* _Exercise directions_: Which lines of the data below hold "antt"? Copy each of them.

* _Materials provided_:

= Beginning of Section =

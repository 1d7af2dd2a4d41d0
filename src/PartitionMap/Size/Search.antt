-- ===== src/PartitionMap/Size/Search.antt =====
-- The two loops of `compute_device_size` on a device of `n` blocks.
use native.Mathlib.Nat.{pow-suc, one-le-pow}
use mac_fdisk.Base.{
  ℕ, zero, suc, ◌+◌, ◌-◌, ◌*◌, ◌/◌, ◌^◌, ◌≤◌, ◌<◌, ◌≡◌, refl, ap, subst, sym, ◌⊎◌, inl, inr, arith,
  Bool, true, false, Option, some, leb, ltb, min, Bool-cases,
}
use mac_fdisk.PartitionMap.Size.{probe_value, next_try, grow, bisect, compute_device_size}

module _ (readable : ℕ → Bool) where
  -- The search is over once its ends have passed each other.
  bisect_over : (f l r : ℕ) (last : ℕ × Bool) → r < l → bisect readable (suc f) l r last ≡ some last
  unfolding bisect
  bisect_over f l r last h = ground arith

  -- With the size `n` between the ends, every probe up to `r` telling whether it lies below `n`,
  -- and fuel for the halvings, the search ends at `n`.
  bisect_lem :
      (f l r n : ℕ) (last : ℕ × Bool)
      → ((i : ℕ) → i ≤ r → readable i ≡ ltb i n)
      → l ≤ n
      → n ≤ r + 1
      → (r < l → probe_value last ≡ n)
      → r + 1 - l < 2 ^ f
      → (out : ℕ × Bool) × (bisect readable (suc f) l r last ≡ some out) × (probe_value out ≡ n)
  unfolding bisect
  bisect_lem zero l r n last reads lo hi ends fuel =
      (last, bisect_over zero l r last (omega arith), ends (omega arith))
  bisect_lem (suc f) l r n last reads lo hi ends fuel =
      let mid = (l + r) / 2 in
      elim (Bool-cases (leb l r)) [
        | inr over ↦ (last, bisect_over (suc f) l r last (ground arith), ends (ground arith))
        | inl more ↦ elim (Bool-cases (ltb mid n)) [
          | inl below ↦
              rw (bisect, more, reads mid (ground arith), below)
                (bisect_lem f (mid + 1) r n (mid, true) reads (ground arith) hi (λ h. ground arith)
                  (ground (arith, pow-suc 2 f)))
          | inr above ↦ elim (Bool-cases (ltb 0 mid)) [
            | inl some_left ↦
                rw (bisect, more, reads mid (ground arith), above, some_left)
                  (bisect_lem f l (mid - 1) n (mid, false) (λ i h. reads i (ground arith)) lo
                    (ground arith) (λ h. ground arith) (ground (arith, pow-suc 2 f)))
            | inr none_left ↦ (
              (mid, false),
              rw (bisect, more, reads mid (ground arith), above, none_left),
              ground arith,
            )
          ]
        ]
      ]

-- What the doubling leaves: the last block read lies on the device, and the next to try does not,
-- unless it is the largest that is ever tried.
record Grown (n : ℕ) (result : Option (ℕ × ℕ)) : Type 0 where
  low : ℕ
  high : ℕ
  returns : result ≡ some (low, high)
  low_le : low ≤ n
  ordered : low ≤ high
  high_ge : (n ≤ high) ⊎ (high ≡ 1024 * 1024 * 1024)
  high_le : high ≤ 1024 * 1024 * 1024

le-mul : (a b : ℕ) → 1 ≤ b → a ≤ a * b
le-mul a b h = grind arith

module _ (readable : ℕ → Bool) (n : ℕ) (reads : (i : ℕ) → readable i ≡ ltb i n) where
  grow-Grown :
      (f l r : ℕ)
      → 1024 < r
      → r < 1024 * 1024 * 1024
      → r * 2 ^ f ≡ 1024 * 1024 * 1024
      → l ≤ n
      → l ≤ r
      → Grown n (grow readable f l r)
  unfolding grow
  grow-Grown zero l r big small fuel lo le = absurd (omega arith)
  grow-Grown (suc f) l r big small fuel lo le = elim (Bool-cases (ltb r n)) [
    | inr ends ↦ record {
      low = l;
      high = r;
      returns = rw (grow, reads r, ends);
      low_le = lo;
      ordered = le;
      high_ge = inl (ground arith);
      high_le = omega arith;
    }
    | inl more ↦
        let twice : r * 2 * 2 ^ f ≡ 1024 * 1024 * 1024 =
          omega (arith, fuel, ap (λ (t : ℕ). r * t) (pow-suc 2 f)) in
        let within : r * 2 ≤ 1024 * 1024 * 1024 =
          omega (arith, twice, le-mul (r * 2) (2 ^ f) (one-le-pow f 2 (omega arith))) in
        let next : next_try r ≡ r * 2 = unfold next_try in ground arith in
        elim (Bool-cases (leb (1024 * 1024 * 1024) (r * 2))) [
          | inl last ↦ record {
            low = r;
            high = r * 2;
            returns = rw (grow, reads r, more, next, last) (ap (λ (t : ℕ). some (r, t)) next);
            low_le = ground arith;
            ordered = omega arith;
            high_ge = inr (ground arith);
            high_le = within;
          }
          | inr again ↦
              rw (grow, reads r, more, next, again)
                (rw next (
                  grow-Grown f r (r * 2) (omega arith) (ground arith) twice (ground arith)
                    (omega arith)))
        ]
  ]

  grow_first :
      (f : ℕ) → 1024 < n → grow readable (suc f) 0 1024 ≡ grow readable f 1024 (1024 * 1024)
  unfolding grow next_try
  grow_first f h = let more : ltb 1024 n ≡ true = ground arith in rw (grow, reads 1024, more)

  -- The first block tried is number 1024, and the next one 1024 times further.
  grow_start : Grown n (grow readable 11 0 1024)
  grow_start = elim (Bool-cases (ltb 1024 n)) [
    | inr ends ↦ record {
      low = 0;
      high = 1024;
      returns = unfold grow in rw (grow, reads 1024, ends);
      low_le = omega arith;
      ordered = omega arith;
      high_ge = inl (ground arith);
      high_le = omega arith;
    }
    | inl more ↦ subst (Grown n) (sym (grow_first 10 (ground arith))) (
        grow-Grown 10 1024 (1024 * 1024) (omega arith) (omega arith) refl (ground arith)
          (omega arith))
  ]

  -- Where exactly the blocks below `n` can be read and the buffer is allocated, the search ends and
  -- returns `n`, or 2^30 + 1 if `n` is larger.
  pub compute_device_size-min :
      compute_device_size readable true ≡ some (min n (1024 * 1024 * 1024 + 1))
  unfolding compute_device_size
  compute_device_size-min =
      let g = grow_start in
      let cap = min n (g.high + 1) in
      let capped : cap ≡ min n (1024 * 1024 * 1024 + 1) = ground (arith, g.high_ge, g.high_le) in
      let (out, returns, value) =
        bisect_lem readable 31 g.low g.high cap (0, false) (λ i h. rw (reads i) (ground arith))
          (ground (arith, g.low_le, g.ordered)) (omega arith)
          (λ h. absurd (omega (arith, g.ordered))) (omega (arith, g.high_le)) in
      rw (compute_device_size, g.returns, returns, value) (ap some capped)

= End of Section =

* _Task solution_:
filename src/PartitionMap/Size/Search.antt
-- ===== src/PartitionMap/Size/Search.antt =====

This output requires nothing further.